Die Wasservögel gab es schon immer - aber es geht dabei um die Vermeidung zusätzlicher Risiken durch den Menschen - und dafür taugt die Vorschrift.


----------



## dukewolf (7. März 2010)

*AW: Mühlkoppe online kaufen?*



			
				 erni1973 schrieb:
			
		

> Dürft ihr denn in Bayern Köderfische benutzen, die nicht aus dem  Gewässer stammen, in dem sie an die Angel kommen???


Hi Erni.
Soweit ich es bisher erlebte, dürfte es in Bayern dies so laufen, daß Vereine es entscheiden können ob sie Köfis zulassen, wenn diese nicht aus den jeweiligen Gewässer stammen.
Oft sind es private Gewässer die es erlauben.


----------



## ernie1973 (8. März 2010)

*AW: Mühlkoppe online kaufen?*

Naja - auch hier in NRW wird das Gesetz offenbar nicht wirklich angewendet  - am Rhein habe ich seit Jahren keine Kontrolle mehr erlebt und es gibt eine Menge Läden, die neben ihrem Angelsortiment auch "Teichfische" in allen Größen verkaufen.

...natürlich sind das Köfis und werden auch von vielen Anglern als solche genutzt, was ich im Grunde nicht richtig finde.

Da sich die Stellen, welchen die Kontrollen durchführen aber nicht darum kümmern, ist es mir auch mittlerweile egal.

Ich angle einfach selber nur mit Fischen, welche aus dem Gewässer stammen, indem ich angeln gehe und jut is.

Gerade durch unsere Grundel-Plage scheint es kein Problem mehr zu sein, Köfis am Rhein zu "besorgen" - letztes Jahr genügten dafür 2 Maden am 12´er Haken, wobei man nach ca. 10 Sekunden eine Grundel vor der Steinpackung fing!

Frischer kann ein Köfi nicht sein.

Allerdings nerven die Grundeln und mir tun jetzt schon alle Friedfischangler leid, denn man fängt an manchen Stellen auf 15 Grundeln mal einen anderen Fisch - zumindest mit Maden - sogar Mais nehmen die Biester und Tauwurm erst recht!

Petri!

Ernie


----------



## Balaton1980 (8. März 2010)

*AW: Mühlkoppe online kaufen?*



ernie1973 schrieb:


> Dürft ihr denn in Bayern Köderfische benutzen, die nicht aus dem Gewässer stammen, in dem sie an die Angel kommen???



bei uns ist das möglich. und ich finde hier etwas zu regeln ist auch total fürn a...sch. nicht weil es nicht wichtig wäre sondern vielmehr weil es nicht zu kontrollieren ist.

würd mich mal interessieren wie du (nehmen wir mal an du bist kontroletti) einem angler nachweisen willst das, dass rotauge an seiner montage aus dem internet stammt und nicht aus dem see an dem er gerade angelt - suchst du nen strichcode oder wie machst du das in dem falle???


----------



## Crazyegg (8. März 2010)

*AW: Mühlkoppe online kaufen?*

Servus,

also ich würde statt Köderfische auch mal das hier ausprobieren:

Mühlkoppen-Waschl

Habe mir letztes Jahr noch welche selbst gemacht.

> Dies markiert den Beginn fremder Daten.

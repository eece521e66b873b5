-- ===== src/Intake/Conflict.antt =====
-- apps/api/src/domain/syncConflict.ts and `detectConflict` of apps/api/src/modules/sync/batch.ts:
-- when the state of a visit on the gateway contradicts the server's.
pub mod Recorded
use trinetra_systems.Common.{
  ℕ, includes, string_eq, any, Bool, true, false, not, ◌&&◌, ◌||◌, List, [], ◌∷◌, ◌++◌, Option,
  none, some, String, ◌==◌, ◌!=◌, map, if◌then◌else◌,
}
use trinetra_systems.Transaction.Status.{TransactionStatus, status_eq}
use trinetra_systems.Edge.Store.{or_default}
use trinetra_systems.Intake.{
  EventType, event_type_eq, Envelope, Gateway, ConflictReason, SyncConflict, IntakeAction, Db,
  Mapped, Handlers,
}
use trinetra_systems.Intake.Ingest.{audited}

abbrev pub conflicting_central_statuses : List TransactionStatus
conflicting_central_statuses =
    TransactionStatus.rejected ∷ TransactionStatus.cancelled ∷ TransactionStatus.exception ∷ []

unfoldable pub assess_sync_conflict : String → TransactionStatus → Option ConflictReason
assess_sync_conflict local central =
    if (local == "LOCAL_COMPLETED" || local == "CENTRAL_COMPLETED")
      && includes conflicting_central_statuses central
    then some (ConflictReason.completed_against central)
    else if local == "PAUSED_APPROVAL" && central == TransactionStatus.completed
    then some ConflictReason.paused_against_completed
    else none

-- the test that `detectConflict` repeats before it records a conflict
abbrev pub is_closed : TransactionStatus → Bool
is_closed status =
    status == TransactionStatus.rejected
    || status == TransactionStatus.cancelled
    || status == TransactionStatus.exception

abbrev pub same_conflict : SyncConflict → SyncConflict → Bool
same_conflict c row = row.gateway_id == c.gateway_id && row.event_id == c.event_id

-- `upsert`: the key of a row is its gateway and its event.
unfoldable pub upsert_conflict : SyncConflict → List SyncConflict → List SyncConflict
upsert_conflict c rows =
    if any (same_conflict c) rows
    then map (λ (row : SyncConflict). if same_conflict c row then c else row) rows
    else rows ++ c ∷ []

-- the transaction of the visit, with the state that the gateway has reached
abbrev pub central_of : Envelope → Option Mapped → Option (String × String × TransactionStatus)
central_of e none = none
central_of e (some m) = elim m.transaction [
  | none ↦ none
  | some (id, status) ↦ some (or_default e.local_state m.local_state, id, status)
]

module _ {ℓ} {C : Type ℓ} where
  abbrev pub visit_of :
      Handlers C → Envelope → Option String → Db C → Option (String × String × TransactionStatus)
  visit_of h e none db = none
  visit_of h e (some local) db =
      if e.event_type != EventType.transaction_state
      then none
      else central_of e (h.mapped db.core local)

  abbrev pub with_conflict : SyncConflict → Db C → Db C
  with_conflict c db =
      audited IntakeAction.conflict_detected c.event_id
        (record db { conflicts = upsert_conflict c db.conflicts })

  abbrev pub recorded :
      Gateway
      → Envelope
      → Db C
      → String
      → String
      → TransactionStatus
      → Option ConflictReason
      → Option (ConflictReason × String × Db C)
  recorded gateway e db state id status none = none
  recorded gateway e db state id status (some reason) =
      if is_closed status
      then some (
        reason,
        id,
        with_conflict
            (record {
              gateway_id = gateway.id;
              event_id = e.event_id;
              local_state = state;
              central_state = status;
              reason = reason;
            })
            db,
      )
      else none

  abbrev pub assessed :
      Gateway
      → Envelope
      → Db C
      → Option (String × String × TransactionStatus)
      → Option (ConflictReason × String × Db C)
  assessed gateway e db none = none
  assessed gateway e db (some (state, id, status)) =
      recorded gateway e db state id status (assess_sync_conflict state status)

  -- the reason, the id of the transaction, and the database with the conflict
  unfoldable pub detect_conflict :
      Handlers C
      → Gateway
      → Envelope
      → Option String
      → Db C
      → Option (ConflictReason × String × Db C)
  detect_conflict h gateway e local db = assessed gateway e db (visit_of h e local db)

So gehts aber schneller und einfacher.

Laufen klasse! Kann man schön am Grund hüpfen lassen und sehen richtig gut aus.


Gruß
Alex


----------



## Streber (8. März 2010)

*AW: Mühlkoppe online kaufen?*

Vielen Dank Alex für den Link, die Streamer schauen nicht schlecht aus, werde ich garantiert mal ausprobieren.


@all
Vielen Dank auch Euch für Eure Antworten und Hinweise.
Sicher kann ich auch andere kleine Fische als KöFi benutzen und bestimmt damit auch Forellen fangen. 
Ich hatte die Frage ja auch nur gestellt, da es zur Zeit kaum möglich ist KöFi´s zu fangen und es ja eigentlich im Internet fast alles zu kaufen gibt.
Wenn das Hochwasser weg und es ein bischen wärmer ist, werde ich in unserem Bach mit Kescher bewaffnet nach Mühlkoppen Ausschau halten.

LG Andrea |wavey:


----------



## west1 (8. März 2010)

*AW: Mühlkoppe online kaufen?*



Streber schrieb:


> Wenn das Hochwasser weg und es ein bischen wärmer ist, werde ich in unserem Bach mit Kescher bewaffnet nach Mühlkoppen Ausschau halten.


Watstiefel und ein mittlerer Aquariumkescher reichen.
Rein in den Bach und Steine umdrehen oder leicht anheben.
Mit ein wenig Übung hast du den Dreh schnell raus.


----------



## Streber (8. März 2010)

*AW: Mühlkoppe online kaufen?*

Ich hab leider keine Watstiefel, nur ganz normale Gummistiefel. Deshalb muß ich warten bis das Wasser im Seitenarm zurück gegangen ist. 

LG Andrea |wavey:


----------



## dukewolf (8. März 2010)

*AW: Mühlkoppe online kaufen?*

Gehört zwar nicht zum eigentlichen Thema, aber ich hätte da eine Frage an euch.
Fische aus dem eigenen Teich unterliegen ja nicht dem Schonmaß.  Nimmt man nun aus dem eigenen Teich eine 10cm Schleie, und nimmt diese dann 
( tot ) als Köfi in einem Angelgewässer.
Kann man Ärger bekommen ?


----------